TASK OBJECTIVE:
Filter the entries below, keeping every line that has the word "record".

++++

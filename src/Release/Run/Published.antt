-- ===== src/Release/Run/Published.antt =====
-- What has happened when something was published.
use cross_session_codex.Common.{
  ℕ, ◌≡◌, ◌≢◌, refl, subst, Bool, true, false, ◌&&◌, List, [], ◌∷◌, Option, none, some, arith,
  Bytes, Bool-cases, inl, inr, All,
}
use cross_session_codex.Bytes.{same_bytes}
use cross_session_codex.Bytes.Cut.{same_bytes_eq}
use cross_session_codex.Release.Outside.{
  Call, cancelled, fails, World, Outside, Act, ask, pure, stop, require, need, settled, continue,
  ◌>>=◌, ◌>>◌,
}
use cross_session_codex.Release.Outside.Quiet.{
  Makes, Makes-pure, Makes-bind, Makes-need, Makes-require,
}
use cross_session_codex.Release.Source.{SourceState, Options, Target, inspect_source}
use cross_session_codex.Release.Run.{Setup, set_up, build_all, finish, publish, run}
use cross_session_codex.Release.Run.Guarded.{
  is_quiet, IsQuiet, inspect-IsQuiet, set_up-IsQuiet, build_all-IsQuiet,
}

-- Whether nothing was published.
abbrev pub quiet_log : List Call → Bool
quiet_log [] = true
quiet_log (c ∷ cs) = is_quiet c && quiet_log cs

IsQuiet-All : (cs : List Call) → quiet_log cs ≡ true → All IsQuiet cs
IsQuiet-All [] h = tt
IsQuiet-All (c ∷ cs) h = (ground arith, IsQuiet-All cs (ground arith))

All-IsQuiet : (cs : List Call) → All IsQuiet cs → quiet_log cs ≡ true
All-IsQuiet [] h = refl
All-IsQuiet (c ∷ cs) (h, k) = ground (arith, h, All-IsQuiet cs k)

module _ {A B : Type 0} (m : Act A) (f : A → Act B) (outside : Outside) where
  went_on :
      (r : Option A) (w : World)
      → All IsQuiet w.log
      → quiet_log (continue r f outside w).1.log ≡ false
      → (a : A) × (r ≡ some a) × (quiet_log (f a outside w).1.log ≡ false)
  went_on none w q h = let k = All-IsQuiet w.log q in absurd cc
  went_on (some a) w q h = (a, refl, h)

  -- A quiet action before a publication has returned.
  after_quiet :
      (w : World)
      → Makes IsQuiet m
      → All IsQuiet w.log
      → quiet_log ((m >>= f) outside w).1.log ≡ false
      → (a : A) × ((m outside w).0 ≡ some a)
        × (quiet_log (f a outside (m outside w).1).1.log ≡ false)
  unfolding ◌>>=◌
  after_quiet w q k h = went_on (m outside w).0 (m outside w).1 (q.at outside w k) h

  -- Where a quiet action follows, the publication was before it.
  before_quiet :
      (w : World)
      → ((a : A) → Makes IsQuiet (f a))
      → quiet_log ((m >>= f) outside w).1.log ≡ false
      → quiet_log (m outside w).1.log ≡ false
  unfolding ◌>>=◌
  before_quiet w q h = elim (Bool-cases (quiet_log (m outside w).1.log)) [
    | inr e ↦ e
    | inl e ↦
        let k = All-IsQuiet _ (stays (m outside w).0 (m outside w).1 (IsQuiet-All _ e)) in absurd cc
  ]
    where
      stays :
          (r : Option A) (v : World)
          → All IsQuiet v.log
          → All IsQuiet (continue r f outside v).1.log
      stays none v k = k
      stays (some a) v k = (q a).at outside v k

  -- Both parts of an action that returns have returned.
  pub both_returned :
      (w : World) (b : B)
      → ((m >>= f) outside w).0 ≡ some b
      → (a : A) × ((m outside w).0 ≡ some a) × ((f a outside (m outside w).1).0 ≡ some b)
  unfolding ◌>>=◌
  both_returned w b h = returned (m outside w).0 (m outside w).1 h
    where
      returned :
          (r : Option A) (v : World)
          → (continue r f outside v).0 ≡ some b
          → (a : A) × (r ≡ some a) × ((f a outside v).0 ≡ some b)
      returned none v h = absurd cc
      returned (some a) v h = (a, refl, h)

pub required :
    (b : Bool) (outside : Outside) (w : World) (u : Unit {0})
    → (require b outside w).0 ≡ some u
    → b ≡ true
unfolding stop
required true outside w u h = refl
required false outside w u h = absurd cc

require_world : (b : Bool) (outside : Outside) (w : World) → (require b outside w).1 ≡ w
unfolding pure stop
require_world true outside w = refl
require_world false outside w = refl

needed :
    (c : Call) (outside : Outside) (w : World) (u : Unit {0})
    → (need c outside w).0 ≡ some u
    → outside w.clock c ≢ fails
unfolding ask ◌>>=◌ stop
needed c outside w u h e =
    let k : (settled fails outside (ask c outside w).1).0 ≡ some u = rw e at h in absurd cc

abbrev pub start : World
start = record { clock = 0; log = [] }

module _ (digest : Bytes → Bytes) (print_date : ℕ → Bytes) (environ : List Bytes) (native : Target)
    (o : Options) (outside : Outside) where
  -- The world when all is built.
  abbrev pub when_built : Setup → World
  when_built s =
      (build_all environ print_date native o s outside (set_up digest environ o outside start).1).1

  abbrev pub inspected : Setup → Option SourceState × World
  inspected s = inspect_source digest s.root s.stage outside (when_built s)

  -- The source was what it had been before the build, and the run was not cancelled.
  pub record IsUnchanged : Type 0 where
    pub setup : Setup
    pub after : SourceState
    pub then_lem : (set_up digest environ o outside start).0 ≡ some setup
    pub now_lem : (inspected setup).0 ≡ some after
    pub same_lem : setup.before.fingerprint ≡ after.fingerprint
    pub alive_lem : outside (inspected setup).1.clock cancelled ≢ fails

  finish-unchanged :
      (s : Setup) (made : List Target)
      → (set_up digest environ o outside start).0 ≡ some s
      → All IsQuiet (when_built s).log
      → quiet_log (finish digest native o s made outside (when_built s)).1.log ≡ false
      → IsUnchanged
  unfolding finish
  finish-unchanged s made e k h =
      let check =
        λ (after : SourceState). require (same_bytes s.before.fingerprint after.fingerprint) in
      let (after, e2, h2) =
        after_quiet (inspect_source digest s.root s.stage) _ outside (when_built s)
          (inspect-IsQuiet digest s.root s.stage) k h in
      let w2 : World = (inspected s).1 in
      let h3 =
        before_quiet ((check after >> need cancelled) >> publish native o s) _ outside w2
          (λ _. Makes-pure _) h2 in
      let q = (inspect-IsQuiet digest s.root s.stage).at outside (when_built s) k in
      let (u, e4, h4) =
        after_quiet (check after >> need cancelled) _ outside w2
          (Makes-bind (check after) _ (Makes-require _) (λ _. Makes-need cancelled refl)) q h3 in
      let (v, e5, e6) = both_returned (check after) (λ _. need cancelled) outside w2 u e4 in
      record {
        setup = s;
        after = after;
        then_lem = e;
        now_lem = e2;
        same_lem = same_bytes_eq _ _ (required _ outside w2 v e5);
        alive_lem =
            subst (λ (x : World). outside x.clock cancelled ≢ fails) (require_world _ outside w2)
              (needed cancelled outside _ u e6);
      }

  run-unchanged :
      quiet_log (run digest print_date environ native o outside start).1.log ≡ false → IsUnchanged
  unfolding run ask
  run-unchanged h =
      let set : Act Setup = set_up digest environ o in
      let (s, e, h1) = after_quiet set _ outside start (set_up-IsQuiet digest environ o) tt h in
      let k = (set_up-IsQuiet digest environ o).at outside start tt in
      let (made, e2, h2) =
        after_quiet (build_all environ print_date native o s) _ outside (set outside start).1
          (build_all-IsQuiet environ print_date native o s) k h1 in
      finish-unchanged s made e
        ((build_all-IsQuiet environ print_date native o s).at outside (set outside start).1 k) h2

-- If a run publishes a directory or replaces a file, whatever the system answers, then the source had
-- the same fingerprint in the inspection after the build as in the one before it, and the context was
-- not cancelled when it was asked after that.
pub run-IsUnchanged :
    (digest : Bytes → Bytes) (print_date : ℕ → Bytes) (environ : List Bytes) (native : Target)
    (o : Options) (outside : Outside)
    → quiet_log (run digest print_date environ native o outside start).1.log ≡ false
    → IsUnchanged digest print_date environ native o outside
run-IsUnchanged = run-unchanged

++++

SOLUTION TO THIS EXERCISE:
start = record { clock = 0; log = [] }
  pub record IsUnchanged : Type 0 where
      record {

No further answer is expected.